#### RECORDS PROVIDED

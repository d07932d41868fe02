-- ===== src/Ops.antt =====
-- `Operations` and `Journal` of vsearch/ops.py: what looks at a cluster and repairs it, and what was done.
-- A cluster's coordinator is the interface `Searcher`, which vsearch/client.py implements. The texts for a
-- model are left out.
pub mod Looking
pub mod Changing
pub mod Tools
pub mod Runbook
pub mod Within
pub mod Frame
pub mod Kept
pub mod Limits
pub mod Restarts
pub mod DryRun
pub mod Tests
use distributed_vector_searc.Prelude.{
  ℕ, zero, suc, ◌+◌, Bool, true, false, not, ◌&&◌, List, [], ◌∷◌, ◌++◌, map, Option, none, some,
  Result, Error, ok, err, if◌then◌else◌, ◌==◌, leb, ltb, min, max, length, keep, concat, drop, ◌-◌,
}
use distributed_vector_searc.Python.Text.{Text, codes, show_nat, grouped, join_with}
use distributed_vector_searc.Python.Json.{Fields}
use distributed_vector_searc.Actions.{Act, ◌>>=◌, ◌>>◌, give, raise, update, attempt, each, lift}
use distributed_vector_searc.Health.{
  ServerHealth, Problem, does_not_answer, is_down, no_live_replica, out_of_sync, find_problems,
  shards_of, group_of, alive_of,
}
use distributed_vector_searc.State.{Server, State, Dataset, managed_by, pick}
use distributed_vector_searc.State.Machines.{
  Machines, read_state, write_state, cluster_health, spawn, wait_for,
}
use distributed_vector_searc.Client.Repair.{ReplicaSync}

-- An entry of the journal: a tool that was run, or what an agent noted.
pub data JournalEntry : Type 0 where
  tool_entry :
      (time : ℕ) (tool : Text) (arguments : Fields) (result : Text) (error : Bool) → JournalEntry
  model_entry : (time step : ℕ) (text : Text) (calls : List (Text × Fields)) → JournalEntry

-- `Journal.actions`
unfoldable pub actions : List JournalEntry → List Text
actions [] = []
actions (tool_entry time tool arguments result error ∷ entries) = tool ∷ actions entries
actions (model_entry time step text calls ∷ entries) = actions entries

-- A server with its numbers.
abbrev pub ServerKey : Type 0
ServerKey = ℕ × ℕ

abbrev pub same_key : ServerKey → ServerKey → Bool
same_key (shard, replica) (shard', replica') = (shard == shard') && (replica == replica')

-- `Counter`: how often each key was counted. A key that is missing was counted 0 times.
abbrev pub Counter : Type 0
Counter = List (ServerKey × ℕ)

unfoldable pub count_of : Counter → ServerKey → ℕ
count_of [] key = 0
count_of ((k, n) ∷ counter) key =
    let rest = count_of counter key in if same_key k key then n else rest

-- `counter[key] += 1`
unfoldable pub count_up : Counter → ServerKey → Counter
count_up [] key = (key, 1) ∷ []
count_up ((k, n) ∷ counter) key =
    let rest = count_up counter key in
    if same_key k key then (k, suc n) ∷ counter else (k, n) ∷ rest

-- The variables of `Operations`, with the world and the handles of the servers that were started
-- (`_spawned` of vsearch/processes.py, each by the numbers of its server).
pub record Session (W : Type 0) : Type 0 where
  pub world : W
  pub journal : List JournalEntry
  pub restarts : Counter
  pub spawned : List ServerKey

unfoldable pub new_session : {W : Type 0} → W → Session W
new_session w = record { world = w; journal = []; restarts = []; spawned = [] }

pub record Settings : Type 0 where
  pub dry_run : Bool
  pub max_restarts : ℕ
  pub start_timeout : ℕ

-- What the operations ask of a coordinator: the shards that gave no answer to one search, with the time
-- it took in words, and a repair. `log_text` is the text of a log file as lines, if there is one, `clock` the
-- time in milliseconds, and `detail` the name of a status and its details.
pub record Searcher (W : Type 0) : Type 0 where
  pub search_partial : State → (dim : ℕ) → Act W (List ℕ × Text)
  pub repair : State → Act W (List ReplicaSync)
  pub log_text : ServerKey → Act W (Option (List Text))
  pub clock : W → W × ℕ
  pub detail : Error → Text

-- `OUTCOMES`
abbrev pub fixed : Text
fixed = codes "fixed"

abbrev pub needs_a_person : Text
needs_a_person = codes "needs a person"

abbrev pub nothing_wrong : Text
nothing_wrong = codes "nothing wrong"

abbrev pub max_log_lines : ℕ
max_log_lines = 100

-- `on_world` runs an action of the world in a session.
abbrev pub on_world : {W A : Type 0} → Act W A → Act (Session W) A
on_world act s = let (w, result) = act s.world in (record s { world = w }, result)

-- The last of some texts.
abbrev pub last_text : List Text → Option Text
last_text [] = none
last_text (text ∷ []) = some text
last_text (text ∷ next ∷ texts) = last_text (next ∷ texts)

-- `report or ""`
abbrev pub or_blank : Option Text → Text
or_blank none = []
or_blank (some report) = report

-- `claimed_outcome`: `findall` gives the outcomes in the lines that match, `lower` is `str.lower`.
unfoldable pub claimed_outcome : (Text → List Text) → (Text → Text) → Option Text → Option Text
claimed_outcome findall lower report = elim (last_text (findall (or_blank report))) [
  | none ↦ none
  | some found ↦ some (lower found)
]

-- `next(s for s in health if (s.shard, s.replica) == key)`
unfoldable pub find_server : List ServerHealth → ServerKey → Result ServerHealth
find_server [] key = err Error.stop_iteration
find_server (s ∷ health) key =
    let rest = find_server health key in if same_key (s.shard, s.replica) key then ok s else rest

########
#### RECORDS PROVIDED

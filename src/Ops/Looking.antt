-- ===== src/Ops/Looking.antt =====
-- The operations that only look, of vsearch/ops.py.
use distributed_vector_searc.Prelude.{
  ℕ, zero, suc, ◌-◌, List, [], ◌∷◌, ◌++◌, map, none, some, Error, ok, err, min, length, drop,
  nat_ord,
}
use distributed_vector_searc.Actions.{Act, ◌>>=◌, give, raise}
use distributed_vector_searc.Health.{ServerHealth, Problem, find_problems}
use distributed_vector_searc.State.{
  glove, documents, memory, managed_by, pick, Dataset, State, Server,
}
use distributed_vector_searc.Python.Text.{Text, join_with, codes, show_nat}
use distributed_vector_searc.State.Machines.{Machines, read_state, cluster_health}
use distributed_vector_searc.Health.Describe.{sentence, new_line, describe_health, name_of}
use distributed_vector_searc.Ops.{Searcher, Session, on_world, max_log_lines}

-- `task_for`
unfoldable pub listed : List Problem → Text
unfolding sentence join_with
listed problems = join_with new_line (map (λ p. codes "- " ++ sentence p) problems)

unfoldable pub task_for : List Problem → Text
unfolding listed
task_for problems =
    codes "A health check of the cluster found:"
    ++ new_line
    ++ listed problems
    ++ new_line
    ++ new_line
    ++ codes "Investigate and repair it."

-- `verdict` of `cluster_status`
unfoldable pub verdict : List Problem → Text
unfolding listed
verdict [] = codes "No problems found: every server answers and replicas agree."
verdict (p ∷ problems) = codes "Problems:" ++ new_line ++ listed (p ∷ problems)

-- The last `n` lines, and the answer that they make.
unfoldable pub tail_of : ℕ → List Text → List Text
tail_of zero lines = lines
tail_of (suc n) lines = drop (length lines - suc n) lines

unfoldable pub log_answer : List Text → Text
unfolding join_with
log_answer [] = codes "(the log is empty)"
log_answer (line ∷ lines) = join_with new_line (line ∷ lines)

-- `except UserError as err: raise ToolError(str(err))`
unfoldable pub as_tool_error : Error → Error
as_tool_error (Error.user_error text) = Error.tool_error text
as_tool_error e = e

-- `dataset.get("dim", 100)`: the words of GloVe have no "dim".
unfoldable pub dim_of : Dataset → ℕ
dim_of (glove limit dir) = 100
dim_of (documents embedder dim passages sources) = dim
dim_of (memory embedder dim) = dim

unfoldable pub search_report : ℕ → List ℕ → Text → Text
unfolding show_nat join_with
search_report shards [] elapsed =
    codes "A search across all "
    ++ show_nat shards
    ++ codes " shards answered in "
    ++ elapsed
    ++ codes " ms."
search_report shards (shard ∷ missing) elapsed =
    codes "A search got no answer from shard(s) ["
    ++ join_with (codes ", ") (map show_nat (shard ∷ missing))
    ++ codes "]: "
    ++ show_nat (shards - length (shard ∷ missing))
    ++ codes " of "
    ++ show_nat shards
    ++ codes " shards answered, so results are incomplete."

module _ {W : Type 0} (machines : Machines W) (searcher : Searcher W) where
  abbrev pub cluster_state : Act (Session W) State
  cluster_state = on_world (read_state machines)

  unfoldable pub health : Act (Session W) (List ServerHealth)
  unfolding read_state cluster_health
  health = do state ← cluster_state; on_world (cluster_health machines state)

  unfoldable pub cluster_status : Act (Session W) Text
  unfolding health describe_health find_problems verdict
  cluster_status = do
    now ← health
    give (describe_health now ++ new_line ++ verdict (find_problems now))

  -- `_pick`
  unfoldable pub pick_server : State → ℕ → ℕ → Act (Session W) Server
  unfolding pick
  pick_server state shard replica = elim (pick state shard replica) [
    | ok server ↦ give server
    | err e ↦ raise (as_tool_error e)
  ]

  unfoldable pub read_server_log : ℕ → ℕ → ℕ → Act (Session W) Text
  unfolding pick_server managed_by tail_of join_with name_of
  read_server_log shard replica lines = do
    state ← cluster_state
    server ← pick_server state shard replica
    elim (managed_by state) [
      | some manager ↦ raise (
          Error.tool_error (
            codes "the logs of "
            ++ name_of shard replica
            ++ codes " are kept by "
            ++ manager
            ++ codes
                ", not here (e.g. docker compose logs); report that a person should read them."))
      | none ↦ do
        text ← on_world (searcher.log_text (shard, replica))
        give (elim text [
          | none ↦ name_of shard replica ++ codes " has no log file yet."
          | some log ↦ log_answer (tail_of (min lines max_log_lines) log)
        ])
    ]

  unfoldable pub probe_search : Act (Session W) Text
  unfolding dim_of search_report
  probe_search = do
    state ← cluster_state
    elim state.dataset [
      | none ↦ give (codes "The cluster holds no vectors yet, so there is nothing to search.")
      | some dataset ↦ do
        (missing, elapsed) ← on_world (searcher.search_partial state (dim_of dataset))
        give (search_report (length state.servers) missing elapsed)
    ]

########
#### RECORDS PROVIDED

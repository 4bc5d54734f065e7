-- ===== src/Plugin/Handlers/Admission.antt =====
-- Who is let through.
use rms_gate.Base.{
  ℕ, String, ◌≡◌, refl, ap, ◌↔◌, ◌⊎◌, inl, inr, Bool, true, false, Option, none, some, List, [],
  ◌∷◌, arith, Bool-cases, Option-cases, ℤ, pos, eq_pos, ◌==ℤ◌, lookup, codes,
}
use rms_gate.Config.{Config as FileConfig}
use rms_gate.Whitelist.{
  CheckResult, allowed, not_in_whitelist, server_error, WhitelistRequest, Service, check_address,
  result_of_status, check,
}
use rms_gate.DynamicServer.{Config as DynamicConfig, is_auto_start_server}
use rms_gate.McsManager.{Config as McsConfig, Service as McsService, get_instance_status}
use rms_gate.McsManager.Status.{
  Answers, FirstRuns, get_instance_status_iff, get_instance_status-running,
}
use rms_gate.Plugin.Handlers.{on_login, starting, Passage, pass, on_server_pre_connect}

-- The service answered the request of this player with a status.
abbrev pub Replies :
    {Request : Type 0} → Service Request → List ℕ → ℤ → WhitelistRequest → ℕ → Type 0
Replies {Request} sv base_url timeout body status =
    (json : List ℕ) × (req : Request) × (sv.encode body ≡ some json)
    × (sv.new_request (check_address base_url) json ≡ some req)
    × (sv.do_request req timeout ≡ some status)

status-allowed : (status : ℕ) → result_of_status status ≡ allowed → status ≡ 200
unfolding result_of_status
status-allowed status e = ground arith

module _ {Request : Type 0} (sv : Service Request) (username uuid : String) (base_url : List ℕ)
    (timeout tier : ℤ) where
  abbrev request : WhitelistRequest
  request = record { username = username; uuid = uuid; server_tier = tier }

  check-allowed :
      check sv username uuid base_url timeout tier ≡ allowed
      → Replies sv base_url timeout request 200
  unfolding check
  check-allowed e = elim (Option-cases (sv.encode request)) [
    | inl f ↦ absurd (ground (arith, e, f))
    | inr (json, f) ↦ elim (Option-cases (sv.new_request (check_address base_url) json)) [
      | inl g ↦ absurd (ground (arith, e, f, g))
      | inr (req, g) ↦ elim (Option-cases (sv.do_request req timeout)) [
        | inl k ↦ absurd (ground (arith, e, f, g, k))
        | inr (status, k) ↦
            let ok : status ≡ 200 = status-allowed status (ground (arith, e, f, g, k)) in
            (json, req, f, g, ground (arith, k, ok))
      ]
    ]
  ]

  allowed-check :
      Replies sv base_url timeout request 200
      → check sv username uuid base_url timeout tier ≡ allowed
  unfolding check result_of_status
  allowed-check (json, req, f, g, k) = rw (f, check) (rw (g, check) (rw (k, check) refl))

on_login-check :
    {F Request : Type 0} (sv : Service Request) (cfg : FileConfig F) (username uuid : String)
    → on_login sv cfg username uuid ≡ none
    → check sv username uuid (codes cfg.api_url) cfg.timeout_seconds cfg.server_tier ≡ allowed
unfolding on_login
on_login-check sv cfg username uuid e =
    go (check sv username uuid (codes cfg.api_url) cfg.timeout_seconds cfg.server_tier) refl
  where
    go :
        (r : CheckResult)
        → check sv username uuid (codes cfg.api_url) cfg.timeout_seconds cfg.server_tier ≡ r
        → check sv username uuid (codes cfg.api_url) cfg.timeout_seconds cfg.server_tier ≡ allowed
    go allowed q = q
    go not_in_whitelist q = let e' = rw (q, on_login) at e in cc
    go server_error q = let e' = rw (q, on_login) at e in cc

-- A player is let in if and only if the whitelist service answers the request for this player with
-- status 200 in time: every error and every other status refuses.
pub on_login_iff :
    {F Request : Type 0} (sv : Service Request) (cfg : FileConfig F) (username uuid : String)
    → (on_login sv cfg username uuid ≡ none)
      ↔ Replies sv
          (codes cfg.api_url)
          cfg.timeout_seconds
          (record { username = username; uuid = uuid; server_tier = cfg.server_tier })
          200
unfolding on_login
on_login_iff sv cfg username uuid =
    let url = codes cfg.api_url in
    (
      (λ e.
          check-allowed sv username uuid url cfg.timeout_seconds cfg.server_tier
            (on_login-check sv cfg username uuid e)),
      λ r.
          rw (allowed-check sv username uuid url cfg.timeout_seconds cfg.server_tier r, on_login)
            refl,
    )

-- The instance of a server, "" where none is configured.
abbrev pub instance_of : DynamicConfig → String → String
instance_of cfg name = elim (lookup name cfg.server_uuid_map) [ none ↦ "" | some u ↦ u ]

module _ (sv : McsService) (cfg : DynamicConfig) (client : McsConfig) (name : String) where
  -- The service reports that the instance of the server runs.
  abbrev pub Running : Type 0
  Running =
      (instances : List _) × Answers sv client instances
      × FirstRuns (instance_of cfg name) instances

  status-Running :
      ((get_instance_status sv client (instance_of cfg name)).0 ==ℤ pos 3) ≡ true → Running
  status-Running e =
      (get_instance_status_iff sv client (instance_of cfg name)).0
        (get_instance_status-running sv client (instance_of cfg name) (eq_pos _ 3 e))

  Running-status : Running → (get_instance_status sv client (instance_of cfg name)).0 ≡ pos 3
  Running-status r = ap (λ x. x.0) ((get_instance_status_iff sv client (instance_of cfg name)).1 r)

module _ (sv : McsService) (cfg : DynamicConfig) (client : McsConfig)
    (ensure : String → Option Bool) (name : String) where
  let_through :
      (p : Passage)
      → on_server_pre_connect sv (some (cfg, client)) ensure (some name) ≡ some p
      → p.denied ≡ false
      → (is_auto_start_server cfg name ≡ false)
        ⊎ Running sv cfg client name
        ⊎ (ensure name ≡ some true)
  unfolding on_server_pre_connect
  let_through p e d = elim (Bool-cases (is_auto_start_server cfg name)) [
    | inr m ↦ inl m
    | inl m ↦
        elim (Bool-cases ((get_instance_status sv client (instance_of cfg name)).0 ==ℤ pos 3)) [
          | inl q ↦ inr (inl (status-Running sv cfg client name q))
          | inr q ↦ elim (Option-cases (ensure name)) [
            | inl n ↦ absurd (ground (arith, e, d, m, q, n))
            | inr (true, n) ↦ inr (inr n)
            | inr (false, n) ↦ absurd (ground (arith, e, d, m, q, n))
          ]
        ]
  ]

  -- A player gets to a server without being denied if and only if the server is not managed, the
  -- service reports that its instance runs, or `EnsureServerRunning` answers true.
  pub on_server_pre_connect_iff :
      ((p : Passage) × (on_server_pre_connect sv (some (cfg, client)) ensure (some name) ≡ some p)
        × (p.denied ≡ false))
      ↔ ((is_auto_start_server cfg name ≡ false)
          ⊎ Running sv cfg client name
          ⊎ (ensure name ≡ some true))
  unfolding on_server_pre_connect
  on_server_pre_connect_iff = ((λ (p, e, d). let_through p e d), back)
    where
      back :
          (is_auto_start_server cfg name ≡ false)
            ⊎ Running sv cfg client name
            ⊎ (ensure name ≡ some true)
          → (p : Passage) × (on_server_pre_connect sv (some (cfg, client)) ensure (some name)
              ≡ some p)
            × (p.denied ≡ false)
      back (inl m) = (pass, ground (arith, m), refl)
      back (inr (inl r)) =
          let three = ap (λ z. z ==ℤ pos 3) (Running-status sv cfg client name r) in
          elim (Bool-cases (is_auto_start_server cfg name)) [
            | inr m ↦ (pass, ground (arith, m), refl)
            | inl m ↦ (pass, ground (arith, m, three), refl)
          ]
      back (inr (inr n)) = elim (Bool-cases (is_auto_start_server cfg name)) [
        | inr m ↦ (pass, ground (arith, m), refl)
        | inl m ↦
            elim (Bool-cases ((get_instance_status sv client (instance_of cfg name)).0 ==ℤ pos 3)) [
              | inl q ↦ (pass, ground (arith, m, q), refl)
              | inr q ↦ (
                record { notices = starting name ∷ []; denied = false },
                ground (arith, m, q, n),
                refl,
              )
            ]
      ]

########

Scan the data above for the word "player", then copy every line that holds it.

● **ANSWER TO THIS TASK**:
-- The service answered the request of this player with a status.
-- A player is let in if and only if the whitelist service answers the request for this player with
  -- A player gets to a server without being denied if and only if the server is not managed, the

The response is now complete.